(Stored items)
*-*-*

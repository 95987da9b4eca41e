-- ===== src/Metrics/Collect.antt =====
-- `ReadLoadAverage`, `ReadUptime` and `Collect`.
use edge_scpoe.Base.{Bool, not, ◌||◌, Option, none, some, if◌then◌else◌}
use edge_scpoe.Base.Floats.{Floats}
use edge_scpoe.Base.Results.{Result, ok, err, ◌>>=◌}
use edge_scpoe.Text.{Bytes, codes}
use edge_scpoe.Text.Numbers
use edge_scpoe.Text.Numbers.{max_u64}
use edge_scpoe.Metrics.{SystemMetrics, empty_metrics}
use edge_scpoe.Metrics.Memory.{read_memory_metrics}
use edge_scpoe.Metrics.Cpu.{CpuTimes, read_cpu_times, collect_cpu_usage}

-- The contents of the files, `none` where one cannot be opened.
pub record Files : Type 0 where
  pub stat : Option Bytes
  pub meminfo : Option Bytes
  pub loadavg : Option Bytes
  pub uptime : Option Bytes

-- `read_double` is `stream >> value` for a `double`.
module _ {ℓ} {D : Type ℓ} (floats : Floats D) (read_double : Bytes → Option (D × Bytes)) where
  -- Not finite, or negative.
  unfoldable pub refused : D → Bool
  refused d = not (floats.is_finite d) || floats.below d (floats.of_nat 0)

  unfoldable pub three_doubles : Option Bytes → Option (D × D × D)
  three_doubles file = Numbers.◌>>=◌ file λ text. Numbers.◌>>=◌ (read_double text) λ first.
      Numbers.◌>>=◌ (read_double (first.1))
        λ second. Numbers.◌>>=◌ (read_double (second.1)) λ third. some (first.0, second.0, third.0)

  unfoldable pub with_load : Option (D × D × D) → SystemMetrics D → Result Bytes (SystemMetrics D)
  unfolding refused
  with_load none metrics = err (codes "failed to parse /proc/loadavg")
  with_load (some (one, five, fifteen)) metrics =
      if refused one || refused five || refused fifteen
      then err (codes "failed to parse /proc/loadavg")
      else ok (record metrics {
        load_average_1m = one;
        load_average_5m = five;
        load_average_15m = fifteen;
      })

  unfoldable pub read_load_average : Option Bytes → SystemMetrics D → Result Bytes (SystemMetrics D)
  unfolding three_doubles with_load
  read_load_average file metrics = with_load (three_doubles file) metrics

  unfoldable pub one_double : Option Bytes → Option D
  one_double file =
      Numbers.◌>>=◌ file λ text. Numbers.◌>>=◌ (read_double text) λ first. some (first.0)

  -- The bound is the double of 2 ^ 64 - 1, which is 2 ^ 64. The source's conversion of that value, which
  -- passes the test, is undefined; `to_u64` is what it gives there.
  unfoldable pub with_uptime : Option D → SystemMetrics D → Result Bytes (SystemMetrics D)
  unfolding refused
  with_uptime none metrics = err (codes "failed to parse /proc/uptime")
  with_uptime (some uptime) metrics =
      if refused uptime || floats.below (floats.of_nat max_u64) uptime
      then err (codes "failed to parse /proc/uptime")
      else ok (record metrics { uptime_seconds = floats.to_u64 uptime })

  unfoldable pub read_uptime : Option Bytes → SystemMetrics D → Result Bytes (SystemMetrics D)
  unfolding one_double with_uptime
  read_uptime file metrics = with_uptime (one_double file) metrics

  unfoldable pub with_cpu : D → SystemMetrics D
  with_cpu usage = record (empty_metrics (floats.of_nat 0)) { cpu_usage_percent = usage }

  -- The readers behind the usage of the processor.
  unfoldable pub read_rest : Files → D → Result Bytes (SystemMetrics D)
  unfolding with_cpu read_load_average read_uptime
  read_rest files usage =
      read_memory_metrics files.meminfo (with_cpu usage)
      >>= read_load_average files.loadavg
      >>= read_uptime files.uptime

  -- `Collect`: the metrics or an error text, and the times that are remembered.
  unfoldable pub collect :
      Files → Option CpuTimes → Result Bytes (SystemMetrics D) × Option CpuTimes
  unfolding collect_cpu_usage read_rest
  collect files previous =
      let cpu = collect_cpu_usage floats files.stat previous in (cpu.0 >>= read_rest files, cpu.1)

-- The constructor.
unfoldable pub new_collector : Option Bytes → Option CpuTimes
unfolding read_cpu_times
new_collector stat = read_cpu_times stat
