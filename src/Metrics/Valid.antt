-- ===== src/Metrics/Valid.antt =====
-- What holds of the metrics that are collected, and of those that the sampler shows.
use edge_scpoe.Base.{
  ℕ, ◌+◌, ◌≤◌, ◌<◌, ◌≡◌, refl, ◌⊎◌, inl, inr, Bool, true, false, ◌||◌, Option, none, some, null,
  arith,
}
use edge_scpoe.Base.Floats.{Floats}
use edge_scpoe.Base.Results.{Result, ok, err, ◌>>=◌, Ensures, Ensures-bind, Ensures-if}
use edge_scpoe.Text.{Bytes, codes, lines}
use edge_scpoe.Text.Numbers.{max_u64}
use edge_scpoe.Metrics.{SystemMetrics}
use edge_scpoe.Metrics.Memory.{read_memory_metrics, with_memory, scan_memory}
use edge_scpoe.Metrics.Cpu.{
  CpuTimes, busy_between, busy_since, percent, cpu_usage_after, collect_cpu_usage, read_cpu_times,
}
use edge_scpoe.Metrics.Collect.{
  Files, refused, with_load, read_load_average, three_doubles, with_uptime, read_uptime, one_double,
  with_cpu, read_rest, collect,
}

-- A part of a span that is not empty.
abbrev Share : Option (ℕ × ℕ) → Type 0
Share none = Unit
Share (some (busy, span)) = (busy ≤ span) × (0 < span)

between-Share : (previous current : CpuTimes) → Share (busy_between previous current)
unfolding busy_between
between-Share previous current = ground arith

since-Share :
    (previous : Option CpuTimes) (current : CpuTimes) → Share (busy_since previous current)
unfolding busy_since
since-Share none current = tt
since-Share (some previous) current = between-Share previous current

neither : (a b : Bool) → (a || b) ≡ false → (a ≡ false) × (b ≡ false)
neither a b h = ground arith

module _ {D : Type 0} (floats : Floats D) (read_double : Bytes → Option (D × Bytes)) where
  -- A share of a span that is not empty, in percent, or 0.0.
  abbrev pub IsUsage : D → Type 0
  IsUsage d =
      (d ≡ floats.of_nat 0)
      ⊎ ((busy : ℕ) × (span : ℕ) × (busy ≤ span)
          × (0 < span)
          × (d ≡ percent floats (some (busy, span))))

  -- Finite and not negative.
  abbrev pub IsMeasure : D → Type 0
  IsMeasure d = (floats.is_finite d ≡ true) × (floats.below d (floats.of_nat 0) ≡ false)

  -- The memory adds up and fits in 64 bits.
  abbrev pub AddsUp : SystemMetrics D → Type 0
  AddsUp m =
      (m.memory_used_bytes + m.memory_available_bytes ≡ m.memory_total_bytes)
      × (m.memory_total_bytes ≤ max_u64)

  abbrev pub HasLoad : SystemMetrics D → Type 0
  HasLoad m =
      IsMeasure m.load_average_1m × IsMeasure m.load_average_5m × IsMeasure m.load_average_15m

  -- The seconds come from a value that is not above the double nearest to 2 ^ 64 - 1, which is 2 ^ 64:
  -- at that value itself the source's conversion is undefined.
  abbrev pub HasUptime : SystemMetrics D → Type 0
  HasUptime m =
      (uptime : D) × (IsMeasure uptime
        × (floats.below (floats.of_nat max_u64) uptime ≡ false)
        × (m.uptime_seconds ≡ floats.to_u64 uptime))

  abbrev pub IsValid : SystemMetrics D → Type 0
  IsValid m = IsUsage m.cpu_usage_percent × AddsUp m × HasLoad m × HasUptime m

  -- A failure has a text.
  abbrev pub Explains : Result Bytes (SystemMetrics D) → Type 0
  Explains (ok m) = Unit
  Explains (err e) = null e ≡ false

  percent-IsUsage : (share : Option (ℕ × ℕ)) → Share share → IsUsage (percent floats share)
  unfolding percent
  percent-IsUsage none h = inl refl
  percent-IsUsage (some (busy, span)) h = inr (busy, span, h.0, h.1, refl)

  cpu_usage_after-IsUsage :
      (previous times : Option CpuTimes)
      → Ensures IsUsage ((cpu_usage_after floats previous times).0)
  unfolding cpu_usage_after
  cpu_usage_after-IsUsage previous none = tt
  cpu_usage_after-IsUsage previous (some current) =
      percent-IsUsage (busy_since previous current) (since-Share previous current)

  Explains-then :
      (r : Result Bytes (SystemMetrics D)) (next : SystemMetrics D → Result Bytes (SystemMetrics D))
      → Explains r
      → ((m : SystemMetrics D) → Explains (next m))
      → Explains (r >>= next)
  Explains-then (ok m) next e f = f m
  Explains-then (err t) next e f = e

  values-Explains :
      (total available : Option ℕ) (m : SystemMetrics D) → Explains (with_memory total available m)
  unfolding with_memory
  values-Explains none a m = refl
  values-Explains (some t) none m = refl
  values-Explains (some t) (some a) m = ground arith

  memory-Explains :
      (file : Option Bytes) (m : SystemMetrics D) → Explains (read_memory_metrics file m)
  unfolding read_memory_metrics
  memory-Explains none m = refl
  memory-Explains (some text) m =
      let k = scan_memory (lines text) (record { total = none; available = none }) in
      values-Explains k.total k.available m

  -- The usage is right, then the memory too, then the load.
  abbrev HasUsage : SystemMetrics D → Type 0
  HasUsage m = IsUsage m.cpu_usage_percent

  abbrev HasMemory : SystemMetrics D → Type 0
  HasMemory m = HasUsage m × AddsUp m

  abbrev HasLoads : SystemMetrics D → Type 0
  HasLoads m = HasUsage m × AddsUp m × HasLoad m

  values-HasMemory :
      (total available : Option ℕ) (m : SystemMetrics D)
      → HasUsage m
      → Ensures HasMemory (with_memory total available m)
  unfolding with_memory
  values-HasMemory none a m u = tt
  values-HasMemory (some t) none m u = tt
  values-HasMemory (some t) (some a) m u = ground arith

  memory-HasMemory :
      (file : Option Bytes) (m : SystemMetrics D)
      → HasUsage m
      → Ensures HasMemory (read_memory_metrics file m)
  unfolding read_memory_metrics
  memory-HasMemory none m u = tt
  memory-HasMemory (some text) m u =
      let k = scan_memory (lines text) (record { total = none; available = none }) in
      values-HasMemory k.total k.available m u

  refused-IsMeasure : (d : D) → refused floats read_double d ≡ false → IsMeasure d
  unfolding refused
  refused-IsMeasure d h = (ground arith, ground arith)

  load-HasLoads :
      (loads : Option (D × D × D)) (m : SystemMetrics D)
      → HasMemory m
      → Ensures HasLoads (with_load floats read_double loads m)
  unfolding with_load
  load-HasLoads none m h = tt
  load-HasLoads (some (a, b, c)) m h =
      let no = refused floats read_double in
      let m' = record m { load_average_1m = a; load_average_5m = b; load_average_15m = c } in
      Ensures-if HasLoads (no a || no b || no c) (codes "failed to parse /proc/loadavg") m' λ good.
        let (others, good_c) = neither _ _ good in
        let (good_a, good_b) = neither _ _ others in
        (
          h.0,
          h.1,
          (refused-IsMeasure a good_a, refused-IsMeasure b good_b, refused-IsMeasure c good_c),
        )

  uptime-IsValid :
      (uptime : Option D) (m : SystemMetrics D)
      → HasLoads m
      → Ensures IsValid (with_uptime floats read_double uptime m)
  unfolding with_uptime
  uptime-IsValid none m h = tt
  uptime-IsValid (some u) m h =
      let test = refused floats read_double u || floats.below (floats.of_nat max_u64) u in
      let m' = record m { uptime_seconds = floats.to_u64 u } in
      Ensures-if IsValid test (codes "failed to parse /proc/uptime") m' λ good.
        let (fits, below) = neither _ _ good in
        (h.0, h.1, h.2, (u, (refused-IsMeasure u fits, below, refl)))

  load-Explains :
      (loads : Option (D × D × D)) (m : SystemMetrics D)
      → Explains (with_load floats read_double loads m)
  unfolding with_load
  load-Explains none m = refl
  load-Explains (some (a, b, c)) m = ground arith

  uptime-Explains :
      (uptime : Option D) (m : SystemMetrics D) → Explains (with_uptime floats read_double uptime m)
  unfolding with_uptime
  uptime-Explains none m = refl
  uptime-Explains (some u) m = ground arith

  rest-IsValid :
      (files : Files) (usage : D)
      → IsUsage usage
      → Ensures IsValid (read_rest floats read_double files usage)
  unfolding read_rest read_load_average read_uptime with_cpu
  rest-IsValid files usage u =
      let memory = read_memory_metrics files.meminfo (with_cpu floats read_double usage) in
      let loads = three_doubles floats read_double files.loadavg in
      let load = with_load floats read_double loads in
      Ensures-bind HasLoads IsValid (memory >>= load) _
        (Ensures-bind HasMemory HasLoads memory load (memory-HasMemory files.meminfo _ u)
          (load-HasLoads loads))
        (uptime-IsValid (one_double floats read_double files.uptime))

  -- Whatever the files of /proc hold: metrics that `Collect` returns have a usage that is 0.0 or a
  -- part of a span that is not empty in percent, used and available memory that add up to the total,
  -- which fits in 64 bits, load averages that are finite and not negative, and an uptime from a value
  -- that is finite, not negative and not above the double nearest to 2 ^ 64 - 1.
  pub collect-IsValid :
      (files : Files) (previous : Option CpuTimes)
      → Ensures IsValid ((collect floats read_double files previous).0)
  unfolding collect collect_cpu_usage
  collect-IsValid files previous =
      let usage = cpu_usage_after floats previous (read_cpu_times files.stat) in
      Ensures-bind IsUsage IsValid (usage.0) (read_rest floats read_double files)
        (cpu_usage_after-IsUsage previous (read_cpu_times files.stat)) (rest-IsValid files)

  rest-Explains : (files : Files) (usage : D) → Explains (read_rest floats read_double files usage)
  unfolding read_rest read_load_average read_uptime
  rest-Explains files usage =
      let memory = read_memory_metrics files.meminfo (with_cpu floats read_double usage) in
      let loads = three_doubles floats read_double files.loadavg in
      let load = with_load floats read_double loads in
      Explains-then (memory >>= load) _
        (Explains-then memory load (memory-Explains files.meminfo _) (load-Explains loads))
        (uptime-Explains (one_double floats read_double files.uptime))

  pub collect-Explains :
      (files : Files) (previous : Option CpuTimes)
      → Explains ((collect floats read_double files previous).0)
  unfolding collect collect_cpu_usage cpu_usage_after
  collect-Explains files previous = of_times (read_cpu_times files.stat)
    where
      of_times :
          (times : Option CpuTimes)
          → Explains
              ((cpu_usage_after floats previous times).0 >>= read_rest floats read_double files)
      of_times none = refl
      of_times (some current) = rest-Explains files (percent floats (busy_since previous current))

*-*-*

> **EXERCISE AIM**:
The first line of the records and every line down to the line with "unfoldable pub three_doubles" must be quoted exactly; leave out all else.

> **SOLUTION**:
repository 95987da9b4eca41e
-- ===== src/Metrics/Collect.antt =====
-- `ReadLoadAverage`, `ReadUptime` and `Collect`.
use edge_scpoe.Base.{Bool, not, ◌||◌, Option, none, some, if◌then◌else◌}
use edge_scpoe.Base.Floats.{Floats}
use edge_scpoe.Base.Results.{Result, ok, err, ◌>>=◌}
use edge_scpoe.Text.{Bytes, codes}
use edge_scpoe.Text.Numbers
use edge_scpoe.Text.Numbers.{max_u64}
use edge_scpoe.Metrics.{SystemMetrics, empty_metrics}
use edge_scpoe.Metrics.Memory.{read_memory_metrics}
use edge_scpoe.Metrics.Cpu.{CpuTimes, read_cpu_times, collect_cpu_usage}

-- The contents of the files, `none` where one cannot be opened.
pub record Files : Type 0 where
  pub stat : Option Bytes
  pub meminfo : Option Bytes
  pub loadavg : Option Bytes
  pub uptime : Option Bytes

-- `read_double` is `stream >> value` for a `double`.
module _ {ℓ} {D : Type ℓ} (floats : Floats D) (read_double : Bytes → Option (D × Bytes)) where
  -- Not finite, or negative.
  unfoldable pub refused : D → Bool
  refused d = not (floats.is_finite d) || floats.below d (floats.of_nat 0)

  unfoldable pub three_doubles : Option Bytes → Option (D × D × D)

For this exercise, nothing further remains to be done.